• [Assignment]:
The expected output is each line in the data below that includes the string "where".

• [Records from a collection]:
▼

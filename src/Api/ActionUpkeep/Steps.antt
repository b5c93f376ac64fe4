-- ===== src/Api/ActionUpkeep/Steps.antt =====
-- internal/api/actions.go: each request keeps the configurations valid, and so does any sequence.
use hookwatch.Api.ActionConfig.{ActionLibs, validate_action_config, validate_action_type}
use hookwatch.Api.ActionHandlers.{
  ActionCall, CreateAction, UpdateAction, action_created, action_deleted, action_updated,
  create_action_opened, create_configured, create_ordered, delete_action_opened,
  handle_create_action, handle_delete_action, handle_reorder, handle_update_action, new_action,
  reorder_opened, reordered, set_config, set_type, update_action_opened, update_configured,
  update_found, validate_action, validate_typed, with_config, with_type,
}
use hookwatch.Api.ActionRuns.{IsRunnable}
use hookwatch.Api.ActionUpkeep.{
  ActionRequest, AllRunnable, create_action-AllRunnable, creates_action, delete_action-AllRunnable,
  deletes_action, reorder_actions-AllRunnable, reorders_actions, serve_action, serve_actions,
  sets_config, update_action-AllRunnable, updates_action,
}
use hookwatch.Api.Answer.{HookCall, Refusal, Server}
use hookwatch.Api.Settings.{Gives}
use hookwatch.Models.{Action, Token}
use hookwatch.Prelude.{
  All-find, Bool, List, Option, Option-cases, Result, Result-cases, String, [], all, arith, err,
  false, find, inl, inr, is_some, none, not, ok, or_else, refl, some, subst, sym, true, ℕ, ◌||◌,
  ◌∷◌, ◌≡◌,
}
use hookwatch.Store.Actions.{
  create_action, delete_action, get_action, is_action, next_action_sort_order, reorder_actions,
}
use hookwatch.Store.Db.{Db, StoreError, not_found}
use hookwatch.Store.Order.{Transaction}

action_created_db :
    (a : Action) (r : Result StoreError (Unit {0}) × Db) → (action_created a r).1 ≡ r.1
unfolding action_created
action_created_db a (err e, db) = refl
action_created_db a (ok u, db) = refl

action_updated_db :
    (a : Action) (r : Result StoreError (Unit {0}) × Db) → (action_updated a r).1 ≡ r.1
unfolding action_updated
action_updated_db a (err e, db) = refl
action_updated_db a (ok u, db) = refl

action_deleted_db : (r : Result StoreError (Unit {0}) × Db) → (action_deleted r).1 ≡ r.1
unfolding action_deleted
action_deleted_db (err not_found, db) = refl
action_deleted_db (err _, db) = refl
action_deleted_db (ok u, db) = refl

reordered_db : (r : Result StoreError (Unit {0}) × Db) → (reordered r).1 ≡ r.1
unfolding reordered
reordered_db (err e, db) = refl
reordered_db (ok u, db) = refl

module _ (lib : ActionLibs) where
  abbrev Runnable : Action → Type 0
  Runnable a = IsRunnable lib a.type a.config

  configured :
      (type config : String) (r : Result String (Unit {0}))
      → validate_action_type type ≡ ok tt
      → validate_action_config lib type config ≡ r
      → Gives (λ u. IsRunnable lib type config) r
  configured type config (err e) p q = tt
  configured type config (ok u) p q = (p, q)

  typed :
      (type config : String) (r : Result String (Unit {0}))
      → validate_action_type type ≡ r
      → Gives (λ u. IsRunnable lib type config) (validate_typed lib type config r)
  unfolding validate_typed
  typed type config (err e) p = tt
  typed type config (ok u) p =
      configured type config (validate_action_config lib type config) p refl

  validate_action-IsRunnable :
      (type config : String)
      → Gives (λ u. IsRunnable lib type config) (validate_action lib type config)
  unfolding validate_action
  validate_action-IsRunnable type config = typed type config (validate_action_type type) refl

  -- The type is known, and the action is valid if the type was not changed.
  abbrev Retyped : Option String → Action → Type 0
  Retyped type b = (validate_action_type b.type ≡ ok tt) × ((is_some type ≡ false) → Runnable b)

  with_type-Retyped :
      (t : String) (a : Action) (r : Result String (Unit {0}))
      → validate_action_type t ≡ r
      → Gives (Retyped (some t)) (with_type t a r)
  unfolding with_type
  with_type-Retyped t a (err e) p = tt
  with_type-Retyped t a (ok u) p = (p, λ e. ground (arith, e))

  set_type-Retyped :
      (type : Option String) (a : Action) → Runnable a → Gives (Retyped type) (set_type type a)
  unfolding set_type
  set_type-Retyped none a h = (h.0, λ e. h)
  set_type-Retyped (some t) a h = with_type-Retyped t a (validate_action_type t) refl

  with_config-Runnable :
      (c : String) (a : Action) (r : Result String (Unit {0}))
      → validate_action_type a.type ≡ ok tt
      → validate_action_config lib a.type c ≡ r
      → Gives Runnable (with_config c a r)
  unfolding with_config
  with_config-Runnable c a (err e) p q = tt
  with_config-Runnable c a (ok u) p q = (p, q)

  set_config-Runnable :
      (type config : Option String) (r : Result String Action)
      → (not (is_some type) || is_some config) ≡ true
      → Gives (Retyped type) r
      → Gives Runnable (set_config lib config r)
  unfolding set_config
  set_config-Runnable type config (err e) s h = tt
  set_config-Runnable type none (ok a) s h = h.1 (ground (arith, s))
  set_config-Runnable type (some c) (ok a) s h =
      with_config-Runnable c a (validate_action_config lib a.type c) h.0 refl

  create_configured-AllRunnable :
      (call : ActionCall) (token_id : String) (payload : CreateAction)
      (r : Result String (Unit {0})) (db : Db)
      → Gives (λ u. IsRunnable lib payload.type payload.config) r
      → AllRunnable lib db
      → AllRunnable lib (create_configured call token_id payload r db).1
  unfolding create_configured create_ordered new_action
  create_configured-AllRunnable call token_id payload (err e) db g h = h
  create_configured-AllRunnable call token_id payload (ok u) db g h =
      elim (Result-cases (next_action_sort_order call.query_fails token_id db)) [
        | inl (e, p) ↦ rw p h
        | inr (n, p) ↦ rw p (
            subst (AllRunnable lib)
              (sym (
                action_created_db _
                  (create_action call.write_fails (new_action call token_id payload n) db)))
              (create_action-AllRunnable lib call.write_fails (new_action call token_id payload n)
                db g h))
      ]

  create_opened-AllRunnable :
      (call : ActionCall) (token_id : String) (payload : Option CreateAction)
      (r : Result Refusal Token) (db : Db)
      → AllRunnable lib db
      → AllRunnable lib (create_action_opened lib call token_id payload r db).1
  unfolding create_action_opened
  create_opened-AllRunnable call token_id payload (err e) db h = h
  create_opened-AllRunnable call token_id none (ok t) db h = h
  create_opened-AllRunnable call token_id (some p) (ok t) db h =
      create_configured-AllRunnable call token_id p _ db
        (validate_action-IsRunnable p.type p.config) h

  update_configured-AllRunnable :
      (call : ActionCall) (payload : UpdateAction) (r : Result String Action) (db : Db)
      → Gives Runnable r
      → AllRunnable lib db
      → AllRunnable lib (update_configured call payload r db).1
  unfolding update_configured
  update_configured-AllRunnable call payload (err e) db g h = h
  update_configured-AllRunnable call payload (ok a) db g h =
      subst (AllRunnable lib) (sym (action_updated_db _ _)) (
        update_action-AllRunnable lib call.write_fails
          (record a { enabled = or_else payload.enabled a.enabled; updated_at = call.now }) db g h)

  update_found-AllRunnable :
      (call : ActionCall) (payload : UpdateAction) (r : Result StoreError Action) (db : Db)
      → (not (is_some payload.type) || is_some payload.config) ≡ true
      → Gives Runnable r
      → AllRunnable lib db
      → AllRunnable lib (update_found lib call (some payload) r db).1
  unfolding update_found
  update_found-AllRunnable call payload (err not_found) db s g h = h
  update_found-AllRunnable call payload (err _) db s g h = h
  update_found-AllRunnable call payload (ok a) db s g h =
      update_configured-AllRunnable call payload _ db
        (set_config-Runnable payload.type payload.config _ s (set_type-Retyped payload.type a g)) h

  get_action-Gives :
      (fails : Bool) (token_id id : String) (db : Db)
      → AllRunnable lib db
      → Gives Runnable (get_action fails token_id id db)
  unfolding get_action
  get_action-Gives true token_id id db h = tt
  get_action-Gives false token_id id db h =
      elim (Option-cases (find (is_action token_id id) db.actions)) [
        | inl e ↦ rw e tt
        | inr (a, e) ↦ rw e (All-find Runnable (is_action token_id id) a db.actions h e)
      ]

  undecoded :
      (call : ActionCall) (r : Result StoreError Action) (db : Db)
      → AllRunnable lib db
      → AllRunnable lib (update_found lib call none r db).1
  unfolding update_found
  undecoded call (err not_found) db h = h
  undecoded call (err _) db h = h
  undecoded call (ok a) db h = h

  update_opened-AllRunnable :
      (call : ActionCall) (token_id id : String) (payload : Option UpdateAction)
      (r : Result Refusal Token) (db : Db)
      → ((p : UpdateAction) → payload ≡ some p → (not (is_some p.type) || is_some p.config) ≡ true)
      → AllRunnable lib db
      → AllRunnable lib (update_action_opened lib call token_id id payload r db).1
  unfolding update_action_opened
  update_opened-AllRunnable call token_id id payload (err e) db s h = h
  update_opened-AllRunnable call token_id id none (ok t) db s h =
      undecoded call (get_action call.query_fails token_id id db) db h
  update_opened-AllRunnable call token_id id (some p) (ok t) db s h =
      update_found-AllRunnable call p _ db (s p refl)
        (get_action-Gives call.query_fails token_id id db h) h

  delete_opened-AllRunnable :
      (fails : Bool) (token_id id : String) (r : Result Refusal Token) (db : Db)
      → AllRunnable lib db
      → AllRunnable lib (delete_action_opened fails token_id id r db).1
  unfolding delete_action_opened
  delete_opened-AllRunnable fails token_id id (err e) db h = h
  delete_opened-AllRunnable fails token_id id (ok t) db h =
      subst (AllRunnable lib) (sym (action_deleted_db (delete_action fails token_id id db)))
        (delete_action-AllRunnable lib fails token_id id db h)

  reorder_opened-AllRunnable :
      (tx : Transaction) (begin_fails : Bool) (fails : ℕ → Bool) (token_id : String)
      (ids : Option (List String)) (r : Result Refusal Token) (db : Db)
      → AllRunnable lib db
      → AllRunnable lib (reorder_opened tx begin_fails fails token_id ids r db).1
  unfolding reorder_opened
  reorder_opened-AllRunnable tx begin_fails fails token_id ids (err e) db h = h
  reorder_opened-AllRunnable tx begin_fails fails token_id none (ok t) db h = h
  reorder_opened-AllRunnable tx begin_fails fails token_id (some []) (ok t) db h = h
  reorder_opened-AllRunnable tx begin_fails fails token_id (some (id ∷ ids)) (ok t) db h =
      subst (AllRunnable lib)
        (sym (reordered_db (reorder_actions tx begin_fails fails token_id (id ∷ ids) db)))
        (reorder_actions-AllRunnable lib tx begin_fails fails token_id (id ∷ ids) db h)

module _ (lib : ActionLibs) (server : Server) (tx : Transaction) where
  from_payload :
      (hook_call : HookCall) (call : ActionCall) (id : String) (payload : Option UpdateAction)
      (p : UpdateAction)
      → sets_config (updates_action hook_call call id payload) ≡ true
      → payload ≡ some p
      → (not (is_some p.type) || is_some p.config) ≡ true
  from_payload hook_call call id payload p s e = rw e at s

  serve_action-AllRunnable :
      (r : ActionRequest) (db : Db)
      → sets_config r ≡ true
      → AllRunnable lib db
      → AllRunnable lib (serve_action lib server tx r db)
  unfolding handle_create_action handle_update_action handle_delete_action handle_reorder
  serve_action-AllRunnable (creates_action hook_call call payload) db s h =
      create_opened-AllRunnable lib call hook_call.token_id payload _ db h
  serve_action-AllRunnable (updates_action hook_call call id payload) db s h =
      update_opened-AllRunnable lib call hook_call.token_id id payload _ db
        (λ p e. from_payload hook_call call id payload p s e) h
  serve_action-AllRunnable (deletes_action hook_call call id) db s h =
      delete_opened-AllRunnable lib call.write_fails hook_call.token_id id _ db h
  serve_action-AllRunnable (reorders_actions hook_call begin_fails fails ids) db s h =
      reorder_opened-AllRunnable lib tx begin_fails fails hook_call.token_id ids _ db h

  -- Any sequence of requests that create, change, delete and reorder actions, with any failures of the
  -- store, keeps every stored action valid, that is, of a known type and with a configuration that is
  -- valid for it, if each change of a type comes with a configuration.
  pub serve_actions-AllRunnable :
      (rs : List ActionRequest) (db : Db)
      → all sets_config rs ≡ true
      → AllRunnable lib db
      → AllRunnable lib (serve_actions lib server tx rs db)
  serve_actions-AllRunnable [] db s h = h
  serve_actions-AllRunnable (r ∷ rs) db s h =
      serve_actions-AllRunnable rs _ (ground (arith, s))
        (serve_action-AllRunnable r db (ground (arith, s)) h)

▲

• [Exercise response]:
module _ (lib : ActionLibs) where
module _ (lib : ActionLibs) (server : Server) (tx : Transaction) where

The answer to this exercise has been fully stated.